You will all remember from Gulliver’s Travels the rival tribes of Big-Enders and Little-Enders, fiercely divided by the way in which they opened their boiled eggs.
In the fossil world we have the equivalent groups, known to us as ‘lumpers’ and ‘splitters’. In this case it’s all to do with how many species a researcher manages to identify. Let me explain.
Say you were given a pile of beautiful ammonite fossils and asked to divide them into groups. You might separate them out by size, whether the coils overlap, the curve or otherwise of the ribs and whether they divide, the presence or absence of a protruding keel, etc, etc. Now comes the tricky part. What if you were then asked how many different species you have in front of you? Bear in mind that members of a species can reproduce with each other but not with individuals from another species, something that’s impossible to check with dead animal groups.

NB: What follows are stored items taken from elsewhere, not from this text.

-- ===== src/Cli/Execute.antt =====
-- `execute_request` and `main` (libexec/wg_healthcheck_setup/cli.py). The operations of private_io.py that
-- supply a credential are an interface, and the terminal is `ask` and `write` as in the questions. An
-- interrupt is KeyboardInterrupt here: the exit of `argparse` behind --help is not modelled, so that `parse`
-- returns the arguments or raises SetupError.
use air_vpn_wg_healthcheck.Clients.{fetch_public_countries}
use air_vpn_wg_healthcheck.Os.{geteuid_call, silent_call}
use air_vpn_wg_healthcheck.Credential.{api_requires_proposed_credential, is_some}
use air_vpn_wg_healthcheck.Model.Selection.{normalize_country_selection}
use air_vpn_wg_healthcheck.Prelude.{
  Bool, List, Option, false, if◌then◌else◌, none, not, some, true, ℕ, ◌&&◌, ◌==◌, ◌||◌,
}
use air_vpn_wg_healthcheck.Text.{Text, codes}
use air_vpn_wg_healthcheck.Effect.{
  Exception, M, Message, end_of_input, interrupt, literal, os_error, pure, raise, raise_if, setup,
  setup_error, system_call, try_except, try_finally, when, ◌>>=◌, ◌>>◌,
}
use air_vpn_wg_healthcheck.Model.{SetupRequest, api_mode}
use air_vpn_wg_healthcheck.System.{Run, Target, lift}
use air_vpn_wg_healthcheck.Cli.{Arguments, deny_secret_inputs}
use air_vpn_wg_healthcheck.Cli.Prompts.{complete_interactive_request, input_line}
use air_vpn_wg_healthcheck.Cli.Summary.{render_country_menu, render_summary}
use air_vpn_wg_healthcheck.Cli.Resolve.{resolve_request}
use air_vpn_wg_healthcheck.Application.Request.{
  apply_setup_request, is_apply, is_mode, preview_api_request, preview_maintenance,
}

-- What `execute_request` uses of private_io.py.
pub record CredentialSource : Type 0 where
  pub open_file : Text → M ℕ
  pub read_hidden : M ℕ

-- What it uses of Python's own functions and of the processes around it.
pub record Surroundings : Type 0 where
  pub run : Run
  pub now : M ℕ
  pub ask : Text → M (Unit {0})
  pub write : Text → M (Unit {0})
  pub is_printable : ℕ → Bool
  pub upper : Text → Text
  pub lower : Text → Text
  pub strip : Text → Text
  pub words : Text → List Text

-- `LiveApplyPaths.for_interface`, as far as it is no file
abbrev pub live_target : SetupRequest → Target
live_target request = record { iface = request.iface; trusted_uid = 0 }

module _ (around : Surroundings) (source : CredentialSource) where
  -- the branch of `execute_request` for every other mode than API
  unfoldable pub execute_static : SetupRequest → M SetupRequest
  execute_static request = do
    around.write (render_summary request)
    around.write (codes "Static setup plan validated; no API credential was opened.\n")
    if is_apply request.action
        then apply_setup_request around.run request (live_target request) around.now none
          >> around.write (codes "Static setup applied and freshly verified.\n")
        else when (request.restore_pre_managed || request.reset_api_state) (
            preview_maintenance around.run request (live_target request)
            >> around.write (codes "Maintenance dry run succeeded; no state was changed.\n"))
    pure request

  unfoldable pub selection_text : SetupRequest → List Text → M Text
  selection_text request lines = elim request.countries_text [
    | some text ↦ pure text
    | none ↦ do
      (text, rest) ←
          input_line around.ask around.write around.strip around.lower
            (codes "Countries (numbers/codes in order, or ALL): ") lines
      pure text
  ]

  -- credential_context, entered
  unfoldable pub open_credential : Bool → Option Text → M (Option ℕ)
  open_credential false file = pure none
  open_credential true none = do fd ← source.read_hidden; pure (some fd)
  open_credential true (some path) = do fd ← source.open_file path; pure (some fd)

  -- credential_context, left: `nullcontext` has nothing to close
  unfoldable pub close_credential : Option ℕ → M (Unit {0})
  close_credential none = pure tt
  close_credential (some fd) = system_call silent_call

  unfoldable pub check_proposal : SetupRequest → Bool → M (Unit {0})
  check_proposal request needs_proposal = do
    raise_if (needs_proposal && request.non_interactive && not (is_some request.credential_file))
        (setup "initial API setup and credential replacement require --credential-file")
    raise_if (not needs_proposal && is_some request.credential_file)
        (setup "an installed credential is reused; add --replace-credential to replace it")

  unfoldable pub with_credential : SetupRequest → Option ℕ → M (Unit {0})
  with_credential request supplied =
      if is_apply request.action
      then apply_setup_request around.run request (live_target request) around.now supplied
      else preview_api_request around.run request (live_target request) supplied

  unfoldable pub report_api : SetupRequest → M (Unit {0})
  report_api request =
      if is_apply request.action
      then around.write (codes "API setup applied and freshly verified.\n")
      else (do
        around.write (codes "Authenticated dry-run validation succeeded (manifest redacted).\n")
        when request.reset_api_state
            (around.write (codes "API-state reset dry run succeeded; no state was removed.\n")))

  -- the part of `execute_request` behind the choice of the countries
  unfoldable pub execute_selected : SetupRequest → M SetupRequest
  execute_selected request = do
    around.write (render_summary request)
    needs_proposal ← api_requires_proposed_credential request (live_target request)
    check_proposal request needs_proposal
    supplied ← open_credential needs_proposal request.credential_file
    try_finally (with_credential request supplied) (close_credential supplied)
    report_api request
    pure request

  unfoldable pub execute_api : SetupRequest → List Text → M SetupRequest
  execute_api request lines = do
    countries ← fetch_public_countries around.run around.is_printable
    when (not request.non_interactive) (around.write (render_country_menu countries))
    text ← selection_text request lines
    selection ← lift (normalize_country_selection around.upper (around.words text) countries)
    execute_selected (record request { country_selection = some selection })

  -- `execute_request`
  unfoldable pub execute_request : SetupRequest → List Text → M SetupRequest
  execute_request request lines =
      if is_mode api_mode request.mode then execute_api request lines else execute_static request

  module _ (disable_core_dumps : M (Unit {0})) (parse : List Text → M Arguments)
      (print_error : Message → M (Unit {0})) where
    -- the body of the `try` of `main`
    unfoldable pub run_setup : Bool → List Text → List Text → M ℕ
    run_setup api_key_set argv lines = do
      disable_core_dumps
      lift (deny_secret_inputs api_key_set argv)
      lift (deny_secret_inputs api_key_set argv)
      args ← parse argv
      euid ← system_call geteuid_call
      raise_if (not (euid == 0)) (setup "setup must run as root")
      (completed, rest) ←
          complete_interactive_request around.ask around.write around.strip around.lower args lines
      request ← lift (resolve_request around.upper around.words completed)
      execute_request request rest
      pure 0

    -- its handlers
    unfoldable pub exit_code : Exception → M ℕ
    exit_code (setup_error message) = print_error message >> pure 64
    exit_code end_of_input = print_error (literal "setup was cancelled") >> pure 130
    exit_code interrupt = print_error (literal "setup was cancelled") >> pure 130
    exit_code (os_error e) = raise (os_error e)

    -- `main`
    unfoldable pub main : Bool → List Text → List Text → M ℕ
    main api_key_set argv lines = try_except (run_setup api_key_set argv lines) exit_code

So, are all the differences you’ve identified signs of different species – or are some just variations within a species? If you are a splitter you will say they are all different species, a lumper will declare for as few species as possible. The difference matters crucially because the presence of particular species is used as an indicator of age, environment, ancient geographical position among other things.
The most famous splitter in these parts was SS Buckman whose work on Yorkshire Type Ammonites extended to seven volumes published over a period of 21 years. It is often whispered in fossil circles that the reason for Buckman’s long-windedness was that he was paid a fee for every new species he identified. But that could be just a rumour put about by the lumpers. To split or to lump – the fight goes on!
For those of us who live here the Yorkshire coast is, of course, the centre of the universe. But we are slightly removed from the country’s main arteries of trade and commerce. To me that’s a plus. I look on the coast, the North York Moors, the Vale of Pickering and the Wolds as a distinct part of the world, separated by geography (and of course geology) from the rest. I think of this as my home patch – the place where I feel comfortable. Conversely I feel a bit like a Scarborough Woof out of water once I get anywhere near Thirsk or Hull not to mention the teeming streets of York or the giddy lights of Leeds.
So it comes as a pleasant surprise to find that a lot of other people, from all over the country, similarly hold the Yorkshire coast to be a very special place. I discovered this during a recent trip to Dublin. I was there for a conference of geology museum curators, though my real mission was to seek out some giant reptiles from the Yorkshire coast – more on that another time. Around 60 folk from prestigious places ranging from the national museums of England, Scotland, Wales and Ireland, to Oxford University Museum and the tiny Horniman Museum in south London were all gathered to hear talks, chew the fat and sink some Guinness.
During the two days a string of people came up to me (I was wearing my Whitby Museum badge) to tell me how much they loved the museum and the Yorkshire coast. Everyone there had spent time on this coast and remained in awe of its beauty and its geology. Because, while some people might think we’re a bit off the beaten track, for geologists we are the luckiest skunks on the planet, living in one of the most beautiful and interesting places anywhere.
Of course we all know that, but it’s nice to have your beliefs confirmed. So when you’re looking for a way to shed the seasonal excess, get out into the countryside and appreciate just how lucky you are.